Oil Be Back: could drilling begin again in Ogoniland 22 years after the people kicked Shell out?

26 Feb 2015 admin
Platform protest outside Shell UK shareholder meeting last year. Credit Martin Lesanto-Smith
Platform protest outside Shell UK shareholder meeting last year. Credit Martin Lesanto-Smith

Recently there has been a flurry of Nigerian media headlines stating that oil drilling in Ogoniland could soon re-start. I have tried to dig deeper to assess what is currently known and what questions remain.

Has Shell sold assets in Ogoniland?

So far, there have been no news stories outside of Nigeria about Shell’s plans and there has been no announcement from Shell itself or the Nigerian Government of a sale. What some Nigerian outlets are reporting is that Belema Oil received unanimous endorsement from major oil producing communities, stakeholders, representatives of the Movement for the Survival of the Ogoni People, MOSOP, and religious leaders from the area. Other media has said that Belema is among eight oil firms jostling to take-over Shell’s OML11 oil block in Ogoniland.

What support is there for Belema Oil drilling in Ogoniland?
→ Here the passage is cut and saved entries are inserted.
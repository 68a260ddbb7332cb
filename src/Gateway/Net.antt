-- ===== src/Gateway/Net.antt =====
-- net.rs, and `client_allowed` of gateway/mod.rs: CIDR networks and the allowlist. An address is the
-- number of its bits. The standard library's parsers are parameters: of an IPv4 and an IPv6 address,
-- of a `u8`, and `str::trim`. A shift of a `u128` by 128 is a shift by 0, as in a release build.
pub mod Contains
use warpdeck.Prelude.{
  ℕ, ◌+◌, ◌-◌, ◌*◌, ◌/◌, ◌%◌, ◌^◌, min, Bool, true, false, not, ◌&&◌, Option, none, some, List, [],
  ◌∷◌, ◌==◌, ltb, contains, any_of, is_empty, if◌then◌else◌,
}
use warpdeck.Runtime.Registry.{IpAddr}
use warpdeck.Runtime.Monitor.{ip_eq}

pub data IpNetwork : Type 0 where
  v4 v6 : ℕ → ℕ → IpNetwork
  exact : IpAddr → IpNetwork

-- `x & (MAX << (width - bits))` clears the host bits; with no bits the mask is 0.
abbrev pub masked : ℕ → ℕ → ℕ → ℕ
masked width bits x = if bits == 0 then 0 else x / 2 ^ (width - bits) * 2 ^ (width - bits)

-- `IpNetwork::contains`.
unfoldable pub contains_ip : IpNetwork → IpAddr → Bool
contains_ip (IpNetwork.exact e) ip = ip_eq e ip
contains_ip (IpNetwork.v4 net prefix) (IpAddr.v4 ip) =
    masked 32 (min prefix 32) ip == masked 32 (min prefix 32) net
contains_ip (IpNetwork.v4 net prefix) (IpAddr.v6 ip) = false
contains_ip (IpNetwork.v6 net prefix) (IpAddr.v6 ip) =
    masked 128 (min prefix 128) ip == masked 128 (min prefix 128) net
contains_ip (IpNetwork.v6 net prefix) (IpAddr.v4 ip) = false

pub data CidrDetail : Type 0 where
  not_an_address prefix_not_a_number mixed bad_address : CidrDetail
  v4_prefix_range v6_prefix_range : ℕ → CidrDetail
  host_bits_set : CidrDetail

pub data CidrResult : Type 0 where
  ok : IpNetwork → CidrResult
  err : CidrDetail → CidrResult

-- `split_once('/')`.
abbrev pub split_once : ℕ → List ℕ → Option (List ℕ × List ℕ)
split_once c [] = none
split_once c (d ∷ text) =
    if d == c
    then some ([], text)
    else elim (split_once c text) [ none ↦ none | some (a, b) ↦ some (d ∷ a, b) ]

pub record Parsers : Type 0 where
  pub trim : List ℕ → List ℕ
  pub parse_v4 : List ℕ → Option ℕ
  pub parse_v6 : List ℕ → Option ℕ
  pub parse_u8 : List ℕ → Option ℕ

abbrev pub v4_network : ℕ → ℕ → CidrResult
v4_network net prefix =
    if ltb 32 prefix
    then CidrResult.err (v4_prefix_range prefix)
    else if not (net % 2 ^ (32 - prefix) == 0)
    then CidrResult.err host_bits_set
    else CidrResult.ok (IpNetwork.v4 net prefix)

-- The shifts of a `u128` take their distance modulo 128.
abbrev pub v6_network : ℕ → ℕ → CidrResult
v6_network net prefix =
    if ltb 128 prefix
    then CidrResult.err (v6_prefix_range prefix)
    else (let distance = (128 - prefix) % 128 in
        if not (net == net / 2 ^ distance * 2 ^ distance)
        then CidrResult.err host_bits_set
        else CidrResult.ok (IpNetwork.v6 net prefix))

abbrev pub exact_address : Parsers → List ℕ → CidrResult
exact_address p text = elim (p.parse_v4 text) [
  | some a ↦ CidrResult.ok (IpNetwork.exact (IpAddr.v4 a))
  | none ↦ elim (p.parse_v6 text) [
    | some a ↦ CidrResult.ok (IpNetwork.exact (IpAddr.v6 a))
    | none ↦ CidrResult.err not_an_address
  ]
]

unfoldable pub parse_cidr : Parsers → List ℕ → CidrResult
parse_cidr p input = elim (split_once b'/' (p.trim input)) [
  | none ↦ exact_address p (p.trim input)
  | some (addr, prefix_text) ↦ elim (p.parse_u8 prefix_text) [
    | none ↦ CidrResult.err prefix_not_a_number
    | some prefix ↦ elim (p.parse_v4 addr) [
      | some net ↦ if contains addr b'.' then v4_network net prefix else CidrResult.err mixed
      | none ↦ elim (p.parse_v6 addr) [
        | some net ↦ v6_network net prefix
        | none ↦ CidrResult.err bad_address
      ]
    ]
  ]
]

abbrev pub matches : Parsers → IpAddr → List ℕ → Bool
matches p peer cidr = elim (parse_cidr p cidr) [
  | CidrResult.ok net ↦ contains_ip net peer
  | CidrResult.err _ ↦ false
]

unfoldable pub client_allowed : Parsers → IpAddr → List (List ℕ) → Bool
client_allowed p peer allowlist =
    if is_empty allowlist then true else any_of (matches p peer) allowlist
Reports that there is unanimous endorsement for Belema do not seem to be based in fact. For example, MOSOP, the group that Ken Saro-Wiwa led, released a statement denying this:

The attention of the Movement for the Survival of the Ogoni People (MOSOP) has been drawn to media reports credited to some Ogoni chiefs purported to have “approved the immediate commencement of oil production in Ogoniland and has as well endorsed an indigenous company, Belema Oil, to be the sole prospecting firm to explore and extract Ogoni oil. Ordinarily, MOSOP would have ignored the reports but for its potential of deceiving, confusing and misleading unsuspecting Ogonis and indeed the general public. MOSOP would unequivocally wish to state that the Ogoni people have not taken such position.
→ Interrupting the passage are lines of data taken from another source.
-- ===== src/Gateway/Net/Contains.antt =====
-- net.rs: the addresses of a parsed network.
use native.Mathlib.Nat.{div-add-mod', mod-lt}
use warpdeck.Prelude.{
  ℕ, zero, suc, ◌+◌, ◌-◌, ◌*◌, ◌/◌, ◌%◌, ◌^◌, ◌≤◌, ◌<◌, ◌≡◌, ◌↔◌, refl, min, true, arith, ==_iff,
  ap, subst,
}
use warpdeck.Runtime.Registry.{IpAddr}
use warpdeck.Gateway.Net.{IpNetwork, CidrResult, contains_ip, v4_network, v6_network, masked}

pow_pos : (n : ℕ) → 0 < 2 ^ n
pow_pos zero = omega arith
pow_pos (suc n) = omega (arith, pow_pos n)

le_of_blocks : (P a b : ℕ) → 0 < P → a * P < b * P + P → a ≤ b
le_of_blocks P a b pos h = grind arith

block_iff : (P x q : ℕ) → 0 < P → (x / P * P ≡ q * P) ↔ ((q * P ≤ x) × (x < q * P + P))
block_iff P x q pos =
    let split = div-add-mod' x P in
    let small = mod-lt x pos in
    (
      λ e. (omega (arith, split, small, e), omega (arith, split, small, e)),
      λ (lo, hi).
          let below = le_of_blocks P (x / P) q pos (omega (arith, split, lo, hi)) in
          let above = le_of_blocks P q (x / P) pos (omega (arith, split, small, lo, hi)) in
          let same : x / P ≡ q = omega (arith, below, above) in ap (λ k. k * P) same,
    )

-- The masks of two addresses agree exactly in the block of the one that is a multiple of its size.
mask_iff :
    (P x net : ℕ) → 0 < P → net % P ≡ 0 → (x / P * P ≡ net / P * P) ↔ ((net ≤ x) × (x < net + P))
mask_iff P x net pos aligned =
    let split = div-add-mod' net P in
    let base : net / P * P ≡ net = omega (arith, split, aligned) in
    subst (λ b. (x / P * P ≡ net / P * P) ↔ ((b ≤ x) × (x < b + P))) base
      (block_iff P x (net / P) pos)

accepted_lem :
    (net prefix : ℕ) (n : IpNetwork)
    → v4_network net prefix ≡ CidrResult.ok n
    → (prefix ≤ 32) × (net % 2 ^ (32 - prefix) ≡ 0) × (n ≡ IpNetwork.v4 net prefix)
accepted_lem net prefix n e = (ground arith, ground arith, ground arith)

masked-suc :
    (k x : ℕ) → suc k ≤ 32 → masked 32 (min (suc k) 32) x ≡ x / 2 ^ (32 - suc k) * 2 ^ (32 - suc k)
masked-suc k x h = let e : min (suc k) 32 ≡ suc k = omega arith in rw e (ground arith)

contains_block :
    (prefix net ip : ℕ)
    → net < 2 ^ 32
    → ip < 2 ^ 32
    → prefix ≤ 32
    → net % 2 ^ (32 - prefix) ≡ 0
    → (contains_ip (IpNetwork.v4 net prefix) (IpAddr.v4 ip) ≡ true)
      ↔ ((net ≤ ip) × (ip < net + 2 ^ (32 - prefix)))
unfolding contains_ip
contains_block zero net ip nb ib small aligned = (λ _. (omega arith, omega arith), λ _. refl)
contains_block (suc k) net ip nb ib small aligned =
    let m = mask_iff (2 ^ (32 - suc k)) ip net (pow_pos (32 - suc k)) aligned in
    let t = ==_iff (masked 32 (min (suc k) 32) ip) (masked 32 (min (suc k) 32) net) in
    let a = masked-suc k ip small in
    let b = masked-suc k net small in (λ e. m.0 (cc (t.0 e, a, b)), λ r. t.1 (cc (m.1 r, a, b)))

-- An IPv4 network that the parser accepts contains exactly the 2 ^ (32 - prefix) addresses from its
-- own address on.
pub contains_ip-v4_iff :
    (net prefix ip : ℕ) (n : IpNetwork)
    → net < 2 ^ 32
    → ip < 2 ^ 32
    → v4_network net prefix ≡ CidrResult.ok n
    → (contains_ip n (IpAddr.v4 ip) ≡ true) ↔ ((net ≤ ip) × (ip < net + 2 ^ (32 - prefix)))
contains_ip-v4_iff net prefix ip n nb ib accepted =
    let (small, aligned, same) = accepted_lem net prefix n accepted in
    rw same (contains_block prefix net ip nb ib small aligned)

-- The parser accepts an IPv6 network of the prefix 0 whatever its host bits are, which it refuses for
-- every other prefix.
pub v6_network-zero : (net : ℕ) → v6_network net 0 ≡ CidrResult.ok (IpNetwork.v6 net 0)
v6_network-zero net = ground arith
MOSOP and other regional movements and NGOs such as Ogoni Solidarity Forum and Environmental Rights Action demand that there should be no sale of oil assets without the broad-based consent and involvement of the Ogoni people and all are clear that this has not happened yet. Listen to Celestine from Ogoni Solidarity Forum being interviewed about this.

What does this mean for cleaning up oil pollution?
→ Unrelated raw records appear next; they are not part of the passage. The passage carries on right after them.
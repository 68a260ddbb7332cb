-- ===== src/Runtime/Instance/Ports.antt =====
-- runtime/instance.rs: the range of the internal ports.
use warpdeck.Prelude.{ℕ, ◌+◌, ◌≤◌, ◌<◌, ◌≡◌, ◌⊎◌, arith}
use warpdeck.Runtime.Instance.{InstanceId, ok, err, out_of_range, first_warp_port, instance_port}

-- An id up to 25535 gets the port 40000 + id, which fits a `u16`; any larger id is refused as out of
-- range. No id is ever refused because its port is reserved.
pub instance_port_lem :
    (id : InstanceId)
    → ((id ≤ 25535) × (instance_port id ≡ ok (first_warp_port + id)))
      ⊎ ((25535 < id) × (instance_port id ≡ err (out_of_range id)))
unfolding instance_port
instance_port_lem id = ground arith

-- Two ids that get a port get the same one only if they are the same.
pub instance_port_injective :
    (i j : InstanceId) {p : ℕ} → instance_port i ≡ ok p → instance_port j ≡ ok p → i ≡ j
unfolding instance_port
instance_port_injective i j h k = ground arith
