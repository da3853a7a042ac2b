-- ===== src/Table/View.antt =====
-- What a table of src/table.c stands for, and its representation invariant.
use mathlib.Core.Path.{subst}
use myclib.Prelude.{
  inl, inr, Bool-cases, ℕ, zero, suc, ◌+◌, ◌%◌, ◌≤◌, ◌<◌, ◌≡◌, ◌≢◌, refl, Bool, true, none, [], ◌∷◌,
  ◌==◌, arith, if◌then◌else◌, u32, length, All,
}
use myclib.Table.{Ptr, null, Chain, Table, set_bucket, entry_find, value_of}

-- What the table relies on of `cmp` and `hash`: being the same is an equivalence, and keys that are
-- the same have one hash.
pub record KeyLaws (same : Ptr → Ptr → Bool) (hash : Ptr → ℕ) : Type 0 where
  pub same_refl : (a : Ptr) → same a a ≡ true
  pub same_symm : (a b : Ptr) → same a b ≡ same b a
  pub same_trans : (a b c : Ptr) → same a b ≡ true → same b c ≡ true → same a c ≡ true
  pub hash-same : (a b : Ptr) → same a b ≡ true → hash a ≡ hash b

-- the number of entries in `n` buckets from `i` on
unfoldable pub count : (ℕ → Chain) → ℕ → ℕ → ℕ
count buckets zero i = 0
count buckets (suc n) i = length (buckets i) + count buckets n (i + 1)

count_outside :
    (buckets : ℕ → Chain) (c : Chain) (n i j : ℕ)
    → j < i
    → count (set_bucket buckets j c) n i ≡ count buckets n i
unfolding count
count_outside buckets c zero i j h = refl
count_outside buckets c (suc n) i j h = ground (arith, count_outside buckets c n (i + 1) j)

pub count-set_bucket :
    (buckets : ℕ → Chain) (c : Chain) (n i j : ℕ)
    → i ≤ j
    → j < i + n
    → count (set_bucket buckets j c) n i + length (buckets j) ≡ count buckets n i + length c
unfolding count
count-set_bucket buckets c zero i j p q = absurd (omega arith)
count-set_bucket buckets c (suc n) i j p q =
    ground (arith, count-set_bucket buckets c n (i + 1) j, count_outside buckets c n (i + 1) j)

-- A property of each bucket survives the replacement of one that keeps it.
pub set_bucket_keeps {ℓ} :
    (P : ℕ → Chain → Type ℓ) (buckets : ℕ → Chain) (i : ℕ) (c : Chain)
    → ((j : ℕ) → P j (buckets j))
    → P i c
    → (j : ℕ) → P j (set_bucket buckets i c j)
set_bucket_keeps P buckets i c all new j = elim (Bool-cases (j == i)) [
  | inl e ↦ rw e (let same : i ≡ j = ground arith in subst (λ k. P k c) same new)
  | inr e ↦ rw e (all j)
]

abbrev pub total : Table → ℕ
total tb = count tb.buckets tb.size 0

module _ (same : Ptr → Ptr → Bool) (hash : Ptr → ℕ) where
  -- the map that the table stands for, with `NULL` where it holds no entry
  abbrev pub view : Table → Ptr → Ptr
  view tb q = value_of (entry_find same (tb.buckets (hash q % tb.size)) q)

  -- No two entries of a chain have the same key.
  abbrev pub Distinct : Chain → Type 0
  Distinct [] = Unit
  Distinct (e ∷ c) = (entry_find same c e.key ≡ none) × Distinct c

  pub record IsValid (tb : Table) : Type 0 where
    pub sized : 0 < tb.size
    pub placed : (i : ℕ) → All (λ e. (hash e.key % tb.size ≡ i) × (e.value ≢ null)) (tb.buckets i)
    pub distinct : (i : ℕ) → Distinct (tb.buckets i)
    pub counted : tb.length ≡ u32 (total tb)

-- the map `f` with `v` at every key that is the same as `k`
abbrev pub update : (Ptr → Ptr → Bool) → (Ptr → Ptr) → Ptr → Ptr → Ptr → Ptr
update same f k v q = if same k q then v else f q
There is still no evidence that the sale of Ogoni assets has taken place. So it is impossible to say what the conditions of such a sale would be. Would the buyer be prepared to take on Shell’s oil spill liabilities? Audrey Gaughran from Amnesty says that Shell can’t just wash its hands of its oil spills if it sells up:

Selling an asset does not mean selling the liability – neither in reputational nor legal terms. Even after they divest, lawsuits can follow both Royal Dutch Shell and its Nigerian subsidiary. Individuals can sue a company that harmed their lands and livelihoods if they can establish that the company owed them a duty of care and the company’s failure to fulfil this duty caused the harm.

However, there does seem to be agreement on the need to deal with oil pollution before any new drilling begins. Chairman of Kpean Council of Chiefs, Chief Nwarinee Gilbert has stated that no company will operate in Ogoniland, if the environment is not cleaned up as recommended by UNEP. Celestine AkpoBari of Ogoni Solidarity Forum wonders how oil production can start in Ogoni when its environmental issue has not been tackled:

 To us, the priority is the remediation and restoration of our degraded environment via urgent implementation of the UNEP report on Ogoniland.

Even Belema Oil itself has promised to “respect the UNEP report.” However, it is unclear what this means in practice. The UNEP report of 2011 concluded that it would take 30 years to clean up the devastating pollution in Ogoniland. Reports last year by a range of Nigerian and international organisations conclude that almost none of its recommendations have been implemented. In November 2013, I visited three pollution sites in Ogoniland and found that people are still dying, sick, can’t feed themselves and have no clean water because Shell’s drilling destroyed their environment. Given this context, it is difficult to see how any company that respects the UNEP report could drill for oil in the near future.